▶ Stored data
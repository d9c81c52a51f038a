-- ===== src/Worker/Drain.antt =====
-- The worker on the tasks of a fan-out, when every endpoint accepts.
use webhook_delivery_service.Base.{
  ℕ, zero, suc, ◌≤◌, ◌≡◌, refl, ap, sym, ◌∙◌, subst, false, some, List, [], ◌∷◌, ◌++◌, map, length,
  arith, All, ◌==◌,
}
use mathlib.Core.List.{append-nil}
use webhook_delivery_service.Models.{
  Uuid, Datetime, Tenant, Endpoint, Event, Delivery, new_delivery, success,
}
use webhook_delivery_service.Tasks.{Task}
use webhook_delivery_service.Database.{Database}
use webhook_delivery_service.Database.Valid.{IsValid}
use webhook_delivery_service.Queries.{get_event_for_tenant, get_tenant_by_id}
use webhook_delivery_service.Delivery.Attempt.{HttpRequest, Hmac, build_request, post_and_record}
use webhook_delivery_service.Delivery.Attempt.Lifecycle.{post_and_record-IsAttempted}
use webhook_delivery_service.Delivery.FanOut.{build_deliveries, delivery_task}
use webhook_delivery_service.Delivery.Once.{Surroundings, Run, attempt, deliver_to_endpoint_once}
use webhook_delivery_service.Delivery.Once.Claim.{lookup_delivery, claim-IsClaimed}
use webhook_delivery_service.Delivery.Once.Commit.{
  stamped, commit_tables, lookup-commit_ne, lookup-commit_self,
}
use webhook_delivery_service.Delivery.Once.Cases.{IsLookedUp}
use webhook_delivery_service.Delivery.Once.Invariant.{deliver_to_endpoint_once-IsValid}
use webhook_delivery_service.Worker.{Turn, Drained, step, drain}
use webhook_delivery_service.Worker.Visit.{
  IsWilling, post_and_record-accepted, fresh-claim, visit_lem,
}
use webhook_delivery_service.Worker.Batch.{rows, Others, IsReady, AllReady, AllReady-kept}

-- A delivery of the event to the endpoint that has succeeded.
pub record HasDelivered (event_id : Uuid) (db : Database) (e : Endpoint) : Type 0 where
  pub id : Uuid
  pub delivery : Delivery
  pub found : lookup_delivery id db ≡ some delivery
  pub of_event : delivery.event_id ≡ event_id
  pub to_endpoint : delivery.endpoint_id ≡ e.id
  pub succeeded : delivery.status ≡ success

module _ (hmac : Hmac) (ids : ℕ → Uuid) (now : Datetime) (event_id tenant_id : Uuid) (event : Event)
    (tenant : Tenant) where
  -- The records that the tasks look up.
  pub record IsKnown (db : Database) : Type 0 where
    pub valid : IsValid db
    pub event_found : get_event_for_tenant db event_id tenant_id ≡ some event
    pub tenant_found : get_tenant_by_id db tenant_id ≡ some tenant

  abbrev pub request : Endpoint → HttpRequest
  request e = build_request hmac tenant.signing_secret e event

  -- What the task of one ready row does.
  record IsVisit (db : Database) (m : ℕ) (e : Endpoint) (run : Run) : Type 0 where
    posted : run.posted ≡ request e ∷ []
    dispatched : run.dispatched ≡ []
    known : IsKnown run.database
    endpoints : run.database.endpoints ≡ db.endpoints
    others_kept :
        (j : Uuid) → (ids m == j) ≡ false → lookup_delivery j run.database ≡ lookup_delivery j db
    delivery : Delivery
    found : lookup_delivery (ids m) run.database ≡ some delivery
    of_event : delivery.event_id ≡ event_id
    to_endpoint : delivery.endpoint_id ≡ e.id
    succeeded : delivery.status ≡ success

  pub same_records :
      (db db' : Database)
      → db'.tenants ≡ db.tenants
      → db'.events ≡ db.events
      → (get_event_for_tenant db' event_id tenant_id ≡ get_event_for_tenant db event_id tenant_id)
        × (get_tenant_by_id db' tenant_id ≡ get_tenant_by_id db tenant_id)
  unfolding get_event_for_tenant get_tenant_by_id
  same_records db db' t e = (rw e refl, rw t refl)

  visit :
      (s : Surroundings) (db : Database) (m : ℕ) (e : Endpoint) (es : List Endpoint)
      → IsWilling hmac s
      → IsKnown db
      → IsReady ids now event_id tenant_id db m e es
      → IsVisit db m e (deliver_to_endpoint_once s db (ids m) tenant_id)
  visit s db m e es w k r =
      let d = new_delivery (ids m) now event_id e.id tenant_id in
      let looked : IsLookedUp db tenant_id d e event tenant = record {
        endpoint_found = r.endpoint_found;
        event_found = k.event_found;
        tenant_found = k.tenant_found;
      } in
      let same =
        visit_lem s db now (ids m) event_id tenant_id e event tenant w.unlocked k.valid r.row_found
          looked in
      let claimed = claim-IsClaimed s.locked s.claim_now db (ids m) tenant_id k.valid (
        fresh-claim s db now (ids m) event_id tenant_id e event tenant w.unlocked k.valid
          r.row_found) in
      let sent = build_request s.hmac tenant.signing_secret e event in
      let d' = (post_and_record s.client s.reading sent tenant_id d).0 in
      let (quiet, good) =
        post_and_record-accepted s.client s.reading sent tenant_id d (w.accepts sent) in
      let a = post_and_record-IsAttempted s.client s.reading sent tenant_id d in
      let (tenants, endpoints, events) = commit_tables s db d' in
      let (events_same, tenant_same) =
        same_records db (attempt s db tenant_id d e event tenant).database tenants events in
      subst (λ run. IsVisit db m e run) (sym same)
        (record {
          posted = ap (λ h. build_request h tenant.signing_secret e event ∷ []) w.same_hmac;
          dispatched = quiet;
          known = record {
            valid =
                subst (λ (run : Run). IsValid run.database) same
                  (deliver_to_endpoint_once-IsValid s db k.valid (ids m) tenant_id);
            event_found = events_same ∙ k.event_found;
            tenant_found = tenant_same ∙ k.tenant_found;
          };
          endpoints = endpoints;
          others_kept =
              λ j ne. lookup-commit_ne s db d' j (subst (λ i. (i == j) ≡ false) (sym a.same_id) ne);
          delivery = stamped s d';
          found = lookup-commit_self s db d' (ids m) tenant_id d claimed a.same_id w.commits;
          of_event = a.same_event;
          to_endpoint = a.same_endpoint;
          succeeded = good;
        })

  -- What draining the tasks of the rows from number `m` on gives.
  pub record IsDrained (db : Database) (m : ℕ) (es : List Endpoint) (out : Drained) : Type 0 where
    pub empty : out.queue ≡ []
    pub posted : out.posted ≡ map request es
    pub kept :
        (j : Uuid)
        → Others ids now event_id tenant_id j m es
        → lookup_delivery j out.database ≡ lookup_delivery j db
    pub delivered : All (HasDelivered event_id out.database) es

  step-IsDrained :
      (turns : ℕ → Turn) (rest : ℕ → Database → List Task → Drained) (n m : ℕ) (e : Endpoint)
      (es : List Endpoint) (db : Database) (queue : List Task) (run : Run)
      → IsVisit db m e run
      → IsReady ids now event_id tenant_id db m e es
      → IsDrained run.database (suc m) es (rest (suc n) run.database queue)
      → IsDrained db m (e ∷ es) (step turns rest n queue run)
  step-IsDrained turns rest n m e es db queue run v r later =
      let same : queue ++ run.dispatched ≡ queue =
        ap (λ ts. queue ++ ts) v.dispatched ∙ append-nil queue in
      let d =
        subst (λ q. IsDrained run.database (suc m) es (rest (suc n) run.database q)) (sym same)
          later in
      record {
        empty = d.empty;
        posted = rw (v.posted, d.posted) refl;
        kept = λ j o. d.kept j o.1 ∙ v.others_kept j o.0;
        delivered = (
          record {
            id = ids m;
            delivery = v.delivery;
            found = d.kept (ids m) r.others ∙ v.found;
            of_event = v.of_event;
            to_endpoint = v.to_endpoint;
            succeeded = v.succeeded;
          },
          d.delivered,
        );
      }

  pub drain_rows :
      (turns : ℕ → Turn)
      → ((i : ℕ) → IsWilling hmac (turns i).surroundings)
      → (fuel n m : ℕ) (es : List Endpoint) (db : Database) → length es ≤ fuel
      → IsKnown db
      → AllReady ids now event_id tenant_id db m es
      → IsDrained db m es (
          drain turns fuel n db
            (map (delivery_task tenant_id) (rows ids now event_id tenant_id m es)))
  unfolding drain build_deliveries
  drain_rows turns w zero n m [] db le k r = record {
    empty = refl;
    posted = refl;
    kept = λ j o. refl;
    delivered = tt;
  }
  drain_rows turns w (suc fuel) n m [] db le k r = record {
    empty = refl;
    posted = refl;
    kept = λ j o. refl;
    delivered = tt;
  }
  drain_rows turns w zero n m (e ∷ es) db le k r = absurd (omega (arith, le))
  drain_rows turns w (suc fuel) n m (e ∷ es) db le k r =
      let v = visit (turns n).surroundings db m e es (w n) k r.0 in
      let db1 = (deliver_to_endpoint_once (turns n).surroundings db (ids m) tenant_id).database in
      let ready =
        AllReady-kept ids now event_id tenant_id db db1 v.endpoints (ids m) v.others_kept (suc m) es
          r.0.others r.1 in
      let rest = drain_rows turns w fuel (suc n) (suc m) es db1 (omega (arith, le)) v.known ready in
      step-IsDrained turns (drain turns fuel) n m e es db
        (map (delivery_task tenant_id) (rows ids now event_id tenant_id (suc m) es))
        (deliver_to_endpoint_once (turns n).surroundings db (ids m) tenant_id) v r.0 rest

▶ TASK GOAL
Among the records above, find the lines where the word "stamped" appears and copy them.

▶ SOLUTION FOR THIS PROBLEM
  stamped, commit_tables, lookup-commit_ne, lookup-commit_self,
          delivery = stamped s d';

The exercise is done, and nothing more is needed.